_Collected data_
■ ■ ■ ■ ■
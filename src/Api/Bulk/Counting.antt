-- ===== src/Api/Bulk/Counting.antt =====
-- The progress of a batch (getBatch of internal/api/batches.go).
use job_scheduling.Base.{
  ℕ, ◌+◌, ◌≡◌, ◌∙◌, refl, Bool, true, false, ◌&&◌, List, [], ◌∷◌, arith, if◌then◌else◌, count, to_ℕ,
}
use job_scheduling.Store.{
  Job, Status, scheduled, queued, claimed, running, completed, retry_wait, dead_letter, cancelled,
  is_terminal, same_status,
}
use job_scheduling.Api.Bulk.{in_batch, with_status, all_statuses, status_counts, tally}

abbrev pub ended_in : ℕ → Job → Bool
ended_in batch j = in_batch batch j && is_terminal j.status

abbrev sum_of : ℕ → List Status → List Job → ℕ
sum_of batch [] jobs = 0
sum_of batch (s ∷ ss) jobs = count (with_status batch s) jobs + sum_of batch ss jobs

abbrev ended_sum_of : ℕ → List Status → List Job → ℕ
ended_sum_of batch [] jobs = 0
ended_sum_of batch (s ∷ ss) jobs =
    (if is_terminal s then count (with_status batch s) jobs else 0) + ended_sum_of batch ss jobs

tally-status_counts :
    (batch : ℕ) (ss : List Status) (jobs : List Job)
    → ((tally (status_counts batch ss jobs)).0 ≡ sum_of batch ss jobs)
      × ((tally (status_counts batch ss jobs)).1 ≡ ended_sum_of batch ss jobs)
unfolding tally status_counts
tally-status_counts batch [] jobs = (refl, refl)
tally-status_counts batch (s ∷ ss) jobs =
    let (total, ended) = tally-status_counts batch ss jobs in (ground arith, ground arith)

abbrev hits : Bool → Status → Status → ℕ
hits b s t = to_ℕ (b && same_status s t)

-- A job has one of the statuses.
one_hit :
    (b : Bool) (s : Status)
    → hits b s scheduled
        + hits b s queued
        + hits b s claimed
        + hits b s running
        + hits b s completed
        + hits b s retry_wait
        + hits b s dead_letter
        + hits b s cancelled
      ≡ to_ℕ b
one_hit true scheduled = refl
one_hit true queued = refl
one_hit true claimed = refl
one_hit true running = refl
one_hit true completed = refl
one_hit true retry_wait = refl
one_hit true dead_letter = refl
one_hit true cancelled = refl
one_hit false s = refl

ended_hit :
    (b : Bool) (s : Status)
    → hits b s completed + hits b s dead_letter + hits b s cancelled ≡ to_ℕ (b && is_terminal s)
ended_hit true scheduled = refl
ended_hit true queued = refl
ended_hit true claimed = refl
ended_hit true running = refl
ended_hit true completed = refl
ended_hit true retry_wait = refl
ended_hit true dead_letter = refl
ended_hit true cancelled = refl
ended_hit false s = refl

one_status :
    (batch : ℕ) (jobs : List Job)
    → (sum_of batch all_statuses jobs ≡ count (in_batch batch) jobs)
      × (ended_sum_of batch all_statuses jobs ≡ count (ended_in batch) jobs)
unfolding count
one_status batch [] = (refl, refl)
one_status batch (j ∷ jobs) =
    let (total, ended) = one_status batch jobs in
    (
      omega (arith, total, one_hit (in_batch batch j) j.status),
      omega (arith, ended, ended_hit (in_batch batch j) j.status),
    )

-- The loop over the rows of the query counts the jobs of the batch, and those of them that ended.
pub tally_lem :
    (batch : ℕ) (jobs : List Job)
    → ((tally (status_counts batch all_statuses jobs)).0 ≡ count (in_batch batch) jobs)
      × ((tally (status_counts batch all_statuses jobs)).1 ≡ count (ended_in batch) jobs)
tally_lem batch jobs =
    let (total, ended) = tally-status_counts batch all_statuses jobs in
    let (total', ended') = one_status batch jobs in (total ∙ total', ended ∙ ended')
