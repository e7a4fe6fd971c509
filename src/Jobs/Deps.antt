-- ===== src/Jobs/Deps.antt =====
-- fl.finish_dependents and fl.cancel_descendants of migrations/021_dependency_flow.sql: what the
-- end of a job does to the jobs that depend on it.
use job_scheduling.Base.{
  ℕ, zero, suc, ◌-◌, Bool, ◌&&◌, none, some, List, [], ◌∷◌, ◌++◌, ltb, leb, ◌==◌, if◌then◌else◌,
  select, exists, update_all, elem, map, length,
}
use job_scheduling.Store.{Job, Dependency, queued, cancelled, is_idle, is_scheduled}

abbrev children_of : ℕ → List Dependency → List Dependency
children_of p = select (λ d. d.parent == p)

-- `c.id in (select child_id … where parent_id = parent)`.
abbrev pub is_child : ℕ → List Dependency → ℕ → Bool
is_child p deps c = exists (λ d. d.parent == p && d.child == c) deps

unfoldable pub waits_on : ℕ → List Dependency → Job → Bool
waits_on parent deps c = is_child parent deps c.id && is_scheduled c.status && ltb 0 c.pending_deps

-- The last parent's end queues a job that is due.
unfoldable pub unblock : ℕ → Job → Job
unblock now c = record c {
  pending_deps = c.pending_deps - 1;
  status = if c.pending_deps - 1 == 0 && leb c.run_at now then queued else c.status;
}

unfoldable pub finish_dependents : ℕ → ℕ → List Dependency → List Job → List Job
unfolding waits_on unblock
finish_dependents now parent deps = update_all (waits_on parent deps) (unblock now)

-- The ids that finish_dependents returns.
unfoldable pub woken : ℕ → List Dependency → List Job → List ℕ
unfolding waits_on
woken parent deps jobs = map (λ j. j.id) (select (waits_on parent deps) jobs)

-- One level of the recursive query `down`: the edges out of the last job of a walk, of which those
-- are followed whose child the walk has not visited.
visit : (List ℕ → ℕ → List ℕ) → List ℕ → List Dependency → List ℕ
visit deeper path [] = []
visit deeper path (d ∷ ds) =
    let rest = visit deeper path ds in
    let below = deeper (d.child ∷ path) d.child in
    if elem d.child path then rest else d.child ∷ (below ++ rest)

-- The walks from a job, at most `fuel` edges long. A walk visits a job once, so the number of
-- dependencies is enough fuel.
unfoldable pub down : ℕ → List Dependency → List ℕ → ℕ → List ℕ
unfolding visit
down zero deps path p = []
down (suc fuel) deps path p = visit (down fuel deps) path (children_of p deps)

unfoldable pub descendants : ℕ → List Dependency → List ℕ
unfolding down
descendants root deps = down (length deps) deps (root ∷ []) root

unfoldable pub is_doomed : ℕ → List Dependency → Job → Bool
unfolding descendants
is_doomed root deps j = elem j.id (descendants root deps) && is_idle j.status

unfoldable pub cancel_row : ℕ → Job → Job
cancel_row now j = record j {
  status = cancelled;
  finished_at = some now;
  pending_deps = 0;
  worker = none;
}

unfoldable pub cancel_descendants : ℕ → ℕ → List Dependency → List Job → List Job
unfolding is_doomed cancel_row
cancel_descendants now root deps = update_all (is_doomed root deps) (cancel_row now)

-- The jobs that cancel_descendants returns.
unfoldable pub killed : ℕ → List Dependency → List Job → List Job
unfolding is_doomed
killed root deps jobs = select (is_doomed root deps) jobs
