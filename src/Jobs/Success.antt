-- ===== src/Jobs/Success.antt =====
-- fl.report_success of migrations/028_shard_release.sql, and Complete of internal/jobs/report.go.
use job_scheduling.Base.{
  ℕ, Bool, ◌&&◌, ◌||◌, Option, none, some, List, [], ◌∷◌, ◌++◌, ltb, ◌==◌, find, modify, select,
  sort_by, elem, map,
}
use job_scheduling.Store.{
  Job, Outcome, Db, DbError, Reply, ok, fenced, failed, is_running, is_queued, completed,
  EventPayload, Event, job_queued, job_completed,
}
use job_scheduling.Jobs.Slots.{queue_release}
use job_scheduling.Jobs.Deps.{finish_dependents, woken}
use job_scheduling.Jobs.Start.{
  owned, close_as, open_execution, duration_ms, delete_lease, minute_of, add_stat, event,
}

unfoldable pub completable : ℕ → ℕ → Job → Bool
completable = owned (λ j. is_running j.status)

unfoldable pub complete_row : ℕ → Job → Job
complete_row now j = record j { status = completed; finished_at = some now; worker = none }

-- `order by project_id, id`.
abbrev pub by_project : Job → Job → Bool
by_project a b = ltb a.project b.project || (a.project == b.project && ltb a.id b.id)

-- The events for the jobs that a completion queued.
unfoldable pub queued_events : List ℕ → List Job → List Event
queued_events woke jobs =
    map (λ j. event job_queued j.id j.project EventPayload.empty)
      (sort_by by_project (select (λ j. elem j.id woke && is_queued j.status) jobs))

unfoldable pub success_found : ℕ → ℕ → ℕ → ℕ → Option Job → Db → Option ℕ × Db
unfolding completable complete_row finish_dependents woken add_stat queue_release queued_events
success_found now job fence exec none db = (none, db)
success_found now job fence exec (some j) db =
    let jobs1 = modify (completable job fence) (complete_row now) db.jobs in
    let woke = woken job db.dependencies jobs1 in
    let jobs2 = finish_dependents now job db.dependencies jobs1 in
    (
      some j.queue,
      record db {
        jobs = jobs2;
        executions = modify (open_execution exec) (close_as Outcome.success now) db.executions;
        leases = delete_lease job db.leases;
        stats =
            add_stat
              (record {
                queue = j.queue;
                minute = minute_of now;
                completed = 1;
                failed = 0;
                dead_lettered = 0;
                duration_ms_sum = duration_ms now (find (open_execution exec) db.executions);
              })
              db.stats;
        shards = queue_release j.queue j.shard 1 db.shards;
        events =
            db.events
            ++ queued_events woke jobs2
            ++ event job_completed job j.project
                (EventPayload.status_outcome completed Outcome.success)
              ∷ [];
      },
    )

-- fl.report_success: the queue of the job, or no row.
unfoldable pub report_success : ℕ → ℕ → ℕ → ℕ → Db → Option ℕ × Db
unfolding success_found
report_success now job fence exec db =
    success_found now job fence exec (find (completable job fence) db.jobs) db

abbrev pub reply_of : Option ℕ × Db → Reply ℕ × Db
reply_of (none, db) = (fenced, db)
reply_of (some q, db) = (ok q, db)

-- Complete. A statement that fails has changed nothing.
unfoldable pub complete : Option DbError → ℕ → ℕ → ℕ → ℕ → Db → Reply ℕ × Db
unfolding report_success
complete fault now job fence exec db = elim fault [
  | some e ↦ (failed e, db)
  | none ↦ reply_of (report_success now job fence exec db)
]
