-- ===== src/Jobs/Failure.antt =====
-- fl.report_failure of migrations/028_shard_release.sql with fl.backoff of 007_functions.sql, and
-- Fail of internal/jobs/report.go.
use job_scheduling.Base.{
  ℕ, ◌+◌, ◌-◌, ◌*◌, ◌^◌, min, max, Bool, true, false, ◌&&◌, ◌||◌, Option, none, some, List, [], ◌∷◌,
  ◌++◌, String, ltb, leb, ◌==◌, if◌then◌else◌, find, modify, update_all, select, sort_by, exists,
  map,
}
use job_scheduling.Store.{
  Job, Execution, Policy, Outcome, Db, DbError, Reply, failed, is_active, BackoffKind, fixed,
  linear, exponential, retry_wait, dead_letter, DeadLetter, Reason, attempts_exhausted,
  lost_exhausted, Topic, EventPayload, Event, job_failed, job_lost, job_dead_lettered,
  job_cancelled,
}
use job_scheduling.Jobs.Slots.{queue_release}
use job_scheduling.Jobs.Deps.{cancel_descendants, killed}
use job_scheduling.Jobs.Start.{close_with, open_of_job, delete_lease, minute_of, add_stat, event}
use job_scheduling.Jobs.Success.{by_project, reply_of}

-- The `case` of fl.backoff.
unfoldable pub delay_factor : BackoffKind → ℕ → ℕ
delay_factor fixed attempt = 1
delay_factor linear attempt = max attempt 1
delay_factor exponential attempt = 2 ^ (attempt - 1)

-- The delay before jitter, in milliseconds.
unfoldable pub base_delay : Policy → ℕ → ℕ
unfolding delay_factor
base_delay rp attempt = min rp.max_delay_ms (rp.base_delay_ms * delay_factor rp.kind attempt)

-- fl.backoff in microseconds. `draw d` stands for `random() * d`.
unfoldable pub backoff : (ℕ → ℕ) → Policy → ℕ → ℕ
unfolding base_delay
backoff draw rp attempt = let d = base_delay rp attempt * 1000 in if rp.jitter then draw d else d

-- `permanent or j.attempt_count >= rp.max_attempts`.
abbrev pub exhausted : Bool → Policy → Job → Bool
exhausted permanent rp j = permanent || leb rp.max_attempts j.attempt_count

-- No fence is given by the reaper.
abbrev pub fence_is : Option ℕ → Job → Bool
fence_is none j = true
fence_is (some fence) j = j.fence == fence

unfoldable pub failable : ℕ → Option ℕ → Job → Bool
failable job fence j = j.id == job && is_active j.status && fence_is fence j

unfoldable pub fail_row : (ℕ → ℕ) → ℕ → Bool → Policy → Job → Job
unfolding backoff
fail_row draw now permanent rp j =
    if exhausted permanent rp j
    then record j { status = dead_letter; finished_at = some now; worker = none }
    else record j {
      status = retry_wait;
      run_at = now + backoff draw rp j.attempt_count;
      finished_at = none;
      worker = none;
    }

abbrev reason_of : Bool → Outcome → Reason
reason_of true outcome = Reason.permanent_error
reason_of false Outcome.lost = lost_exhausted
reason_of false _ = attempts_exhausted

abbrev failure_topic : Bool → Outcome → Topic
failure_topic true outcome = job_dead_lettered
failure_topic false Outcome.lost = job_lost
failure_topic false _ = job_failed

abbrev killed_events : List Job → List Event
killed_events ks =
    map (λ k. event job_cancelled k.id k.project EventPayload.from_ancestor) (sort_by by_project ks)

abbrev by_attempt : Execution → Execution → Bool
by_attempt a b = ltb a.attempt b.attempt

-- `insert … on conflict (job_id) do nothing`.
unfoldable pub add_dead_letter : DeadLetter → List DeadLetter → List DeadLetter
add_dead_letter d ds = if exists (λ x. x.job == d.job) ds then ds else d ∷ ds

-- What a failure is reported with.
pub record Failure : Type 0 where
  pub outcome : Outcome
  pub error_class : Option String
  pub error_message : Option String
  pub permanent : Bool

abbrev to_dead_letter : ℕ → Failure → Job → List Execution → DeadLetter
to_dead_letter now f j xs = record {
  job = j.id;
  queue = j.queue;
  project = j.project;
  reason = reason_of f.permanent f.outcome;
  error_class = f.error_class;
  error_message = f.error_message;
  execution_history = sort_by by_attempt (select (λ x. x.job == j.id) xs);
  dead_at = now;
  replayed_at = none;
  replayed_by = none;
}

-- A failure that leaves the job to be tried again.
unfoldable pub retried : ℕ → Failure → Job → Db → Db
unfolding add_stat queue_release
retried now f j db = record db {
  executions =
      update_all (open_of_job j.id) (close_with f.outcome now f.error_class f.error_message)
        db.executions;
  leases = delete_lease j.id db.leases;
  stats =
      add_stat
        (record {
          queue = j.queue;
          minute = minute_of now;
          completed = 0;
          failed = 1;
          dead_lettered = 0;
          duration_ms_sum = 0;
        })
        db.stats;
  shards = queue_release j.queue j.shard 1 db.shards;
  events =
      db.events
      ++ event (failure_topic false f.outcome) j.id j.project
          (EventPayload.status_outcome retry_wait f.outcome)
        ∷ [];
}

-- A failure that ends the job, and cancels what depends on it.
unfoldable pub buried : ℕ → Failure → Job → Db → Db
unfolding add_stat queue_release cancel_descendants killed add_dead_letter
buried now f j db =
    let dead = killed j.id db.dependencies db.jobs in
    let executions' =
      update_all (open_of_job j.id) (close_with f.outcome now f.error_class f.error_message)
        db.executions in
    record db {
      jobs = cancel_descendants now j.id db.dependencies db.jobs;
      executions = executions';
      leases = delete_lease j.id db.leases;
      stats =
          add_stat
            (record {
              queue = j.queue;
              minute = minute_of now;
              completed = 0;
              failed = 0;
              dead_lettered = 1;
              duration_ms_sum = 0;
            })
            db.stats;
      dead_letters = add_dead_letter (to_dead_letter now f j executions') db.dead_letters;
      shards = queue_release j.queue j.shard 1 db.shards;
      events =
          db.events
          ++ killed_events dead
          ++ event (failure_topic true f.outcome) j.id j.project
              (EventPayload.status_outcome dead_letter f.outcome)
            ∷ [];
    }

unfoldable pub failure_of :
    (ℕ → ℕ) → ℕ → ℕ → Option ℕ → Failure → Job → Option Policy → Db → Option ℕ × Db
unfolding failable fail_row retried buried
failure_of draw now job fence f j none db = (none, db)
failure_of draw now job fence f j (some rp) db =
    let db1 = record db {
      jobs = modify (failable job fence) (fail_row draw now f.permanent rp) db.jobs;
    } in
    (some j.queue, if exhausted f.permanent rp j then buried now f j db1 else retried now f j db1)

unfoldable pub failure_found :
    (ℕ → ℕ) → ℕ → ℕ → Option ℕ → Failure → Option Job → Db → Option ℕ × Db
unfolding failure_of
failure_found draw now job fence f none db = (none, db)
failure_found draw now job fence f (some j) db =
    failure_of draw now job fence f j (find (λ rp. rp.id == j.policy) db.policies) db

-- fl.report_failure: the queue of the job, or no row.
unfoldable pub report_failure : (ℕ → ℕ) → ℕ → ℕ → Option ℕ → Failure → Db → Option ℕ × Db
unfolding failure_found
report_failure draw now job fence f db =
    failure_found draw now job fence f (find (failable job fence) db.jobs) db

-- Whether a cause wraps ErrPermanent, and its text, is what Fail reads of it.
unfoldable pub failure_for : Bool → String → Failure
failure_for permanent message =
    if permanent
    then record {
      outcome = Outcome.permanent_error;
      error_class = some "permanent_error";
      error_message = some message;
      permanent = true;
    }
    else record {
      outcome = Outcome.retryable_error;
      error_class = some "retryable_error";
      error_message = some message;
      permanent = false;
    }

-- Fail. A transaction that fails has changed nothing.
unfoldable pub fail : Option DbError → (ℕ → ℕ) → ℕ → ℕ → ℕ → Bool → String → Db → Reply ℕ × Db
unfolding report_failure failure_for
fail fault draw now job fence permanent message db = elim fault [
  | some e ↦ (failed e, db)
  | none ↦ reply_of (report_failure draw now job (some fence) (failure_for permanent message) db)
]
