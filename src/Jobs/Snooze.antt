-- ===== src/Jobs/Snooze.antt =====
-- fl.report_snooze of migrations/028_shard_release.sql, and Snooze of internal/jobs/report.go.
use job_scheduling.Base.{
  ℕ, ◌+◌, ◌*◌, min, Bool, ◌&&◌, Option, none, some, [], ◌∷◌, ◌++◌, ltb, ◌==◌, find, modify,
  if◌then◌else◌,
}
use job_scheduling.Store.{
  Job, Policy, Outcome, Db, DbError, Reply, failed, scheduled, is_running, EventPayload,
  job_snoozed,
}
use job_scheduling.Jobs.Slots.{queue_release}
use job_scheduling.Jobs.Start.{close_as, open_execution, delete_lease, event}
use job_scheduling.Jobs.Failure.{fence_is}
use job_scheduling.Jobs.Success.{reply_of}

unfoldable pub snoozable : ℕ → Option ℕ → Job → Bool
snoozable job fence j = j.id == job && is_running j.status && fence_is fence j

-- least(delay_ms, max_delay_ms); a negative delay is 0 by then.
unfoldable pub snooze_row : ℕ → ℕ → Policy → Job → Job
snooze_row now delay rp j = record j {
  status = scheduled;
  fence = j.fence + 1;
  run_at = now + min delay rp.max_delay_ms * 1000;
  snooze_count = j.snooze_count + 1;
  worker = none;
  claimed_at = none;
  deadline_at = none;
}

unfoldable pub snooze_of : ℕ → ℕ → Option ℕ → ℕ → ℕ → Job → Option Policy → Db → Option ℕ × Db
unfolding snoozable snooze_row queue_release
snooze_of now job fence exec delay j none db = (none, db)
snooze_of now job fence exec delay j (some rp) db =
    if ltb j.snooze_count rp.max_attempts
    then (
      some j.queue,
      record db {
        jobs = modify (snoozable job fence) (snooze_row now delay rp) db.jobs;
        executions = modify (open_execution exec) (close_as Outcome.snoozed now) db.executions;
        leases = delete_lease job db.leases;
        shards = queue_release j.queue j.shard 1 db.shards;
        events = db.events ++ event job_snoozed job j.project (EventPayload.delay_ms delay) ∷ [];
      },
    )
    else (none, db)

unfoldable pub snooze_found : ℕ → ℕ → Option ℕ → ℕ → ℕ → Option Job → Db → Option ℕ × Db
unfolding snooze_of
snooze_found now job fence exec delay none db = (none, db)
snooze_found now job fence exec delay (some j) db =
    snooze_of now job fence exec delay j (find (λ rp. rp.id == j.policy) db.policies) db

-- fl.report_snooze: the queue of the job, or no row.
unfoldable pub report_snooze : ℕ → ℕ → Option ℕ → ℕ → ℕ → Db → Option ℕ × Db
unfolding snooze_found
report_snooze now job fence exec delay db =
    snooze_found now job fence exec delay (find (snoozable job fence) db.jobs) db

-- Snooze, with the delay in milliseconds. A statement that fails has changed nothing.
unfoldable pub snooze : Option DbError → ℕ → ℕ → ℕ → ℕ → ℕ → Db → Reply ℕ × Db
unfolding report_snooze
snooze fault now job fence exec delay db = elim fault [
  | some e ↦ (failed e, db)
  | none ↦ reply_of (report_snooze now job (some fence) exec delay db)
]
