-- ===== src/Scheduler/Promote.antt =====
-- internal/scheduler/promote.go: due jobs are queued, and old ones gain priority. The rows that
-- another transaction holds are skipped.
use job_scheduling.Base.{
  ℕ, ◌+◌, Bool, not, ◌&&◌, Option, none, some, List, ◌++◌, ltb, leb, ◌==◌, select, sort_by, take,
  length, update_all, elem, map,
}
use job_scheduling.Store.{Job, Db, DbError, queued, is_waiting, is_queued, EventPayload, job_queued}
use job_scheduling.Jobs.Start.{event}
use job_scheduling.Jobs.Lease.{Answer, value, error}

unfoldable pub is_due : ℕ → (ℕ → Bool) → Job → Bool
is_due now locked j =
    is_waiting j.status && leb j.run_at now && j.pending_deps == 0 && not (locked j.id)

abbrev pub by_run_at : Job → Job → Bool
by_run_at a b = ltb a.run_at b.run_at

unfoldable pub due_ids : ℕ → (ℕ → Bool) → ℕ → List Job → List ℕ
unfolding is_due
due_ids now locked limit jobs =
    map (λ j. j.id) (take limit (sort_by by_run_at (select (is_due now locked) jobs)))

-- `where id = any($1)`, of rows that are locked and so still due.
unfoldable pub promotable : ℕ → (ℕ → Bool) → List ℕ → Job → Bool
unfolding is_due
promotable now locked ids j = elem j.id ids && is_due now locked j

abbrev pub promote_row : Job → Job
promote_row j = record j { status = queued }

unfoldable pub promote_ids : ℕ → (ℕ → Bool) → List ℕ → Db → ℕ × Db
unfolding promotable
promote_ids now locked ids db =
    let promoted = select (promotable now locked ids) db.jobs in
    (
      length promoted,
      record db {
        jobs = update_all (promotable now locked ids) promote_row db.jobs;
        events =
            db.events ++ map (λ j. event job_queued j.id j.project EventPayload.empty) promoted;
      },
    )

-- Promote, with the number of jobs that it queued.
unfoldable pub promote : Option DbError → ℕ → (ℕ → Bool) → ℕ → Db → Answer ℕ × Db
unfolding due_ids promote_ids
promote fault now locked limit db = elim fault [
  | some e ↦ (error e, db)
  | none ↦
      let (n, db') = promote_ids now locked (due_ids now locked limit db.jobs) db in (value n, db')
]

-- `limit $3` stands without an order; the model takes the rows in the order of the table.
unfoldable pub is_aged : ℕ → ℕ → ℕ → Job → Bool
is_aged now older_than ceiling j =
    is_queued j.status && ltb (j.created_at + older_than) now && ltb j.priority ceiling

abbrev pub age_row : Job → Job
age_row j = record j { priority = j.priority + 1 }

-- Age, with the number of jobs that it moved up.
unfoldable pub age : Option DbError → ℕ → ℕ → ℕ → ℕ → Db → Answer ℕ × Db
unfolding is_aged
age fault now older_than ceiling limit db = elim fault [
  | some e ↦ (error e, db)
  | none ↦
      let ids = map (λ j. j.id) (take limit (select (is_aged now older_than ceiling) db.jobs)) in
      let aged = λ (j : Job). elem j.id ids && is_aged now older_than ceiling j in
      (value (length (select aged db.jobs)), record db { jobs = update_all aged age_row db.jobs })
]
■ ■ ■ ■ ■
Reproduce only this range: the first line of the data above through the line with "(batch : ℕ) (ss", both included, exactly as written.

filename src/Api/Bulk/Counting.antt
-- ===== src/Api/Bulk/Counting.antt =====
-- The progress of a batch (getBatch of internal/api/batches.go).
use job_scheduling.Base.{
  ℕ, ◌+◌, ◌≡◌, ◌∙◌, refl, Bool, true, false, ◌&&◌, List, [], ◌∷◌, arith, if◌then◌else◌, count, to_ℕ,
}
use job_scheduling.Store.{
  Job, Status, scheduled, queued, claimed, running, completed, retry_wait, dead_letter, cancelled,
  is_terminal, same_status,
}
use job_scheduling.Api.Bulk.{in_batch, with_status, all_statuses, status_counts, tally}

abbrev pub ended_in : ℕ → Job → Bool
ended_in batch j = in_batch batch j && is_terminal j.status

abbrev sum_of : ℕ → List Status → List Job → ℕ
sum_of batch [] jobs = 0
sum_of batch (s ∷ ss) jobs = count (with_status batch s) jobs + sum_of batch ss jobs

abbrev ended_sum_of : ℕ → List Status → List Job → ℕ
ended_sum_of batch [] jobs = 0
ended_sum_of batch (s ∷ ss) jobs =
    (if is_terminal s then count (with_status batch s) jobs else 0) + ended_sum_of batch ss jobs

tally-status_counts :
    (batch : ℕ) (ss : List Status) (jobs : List Job)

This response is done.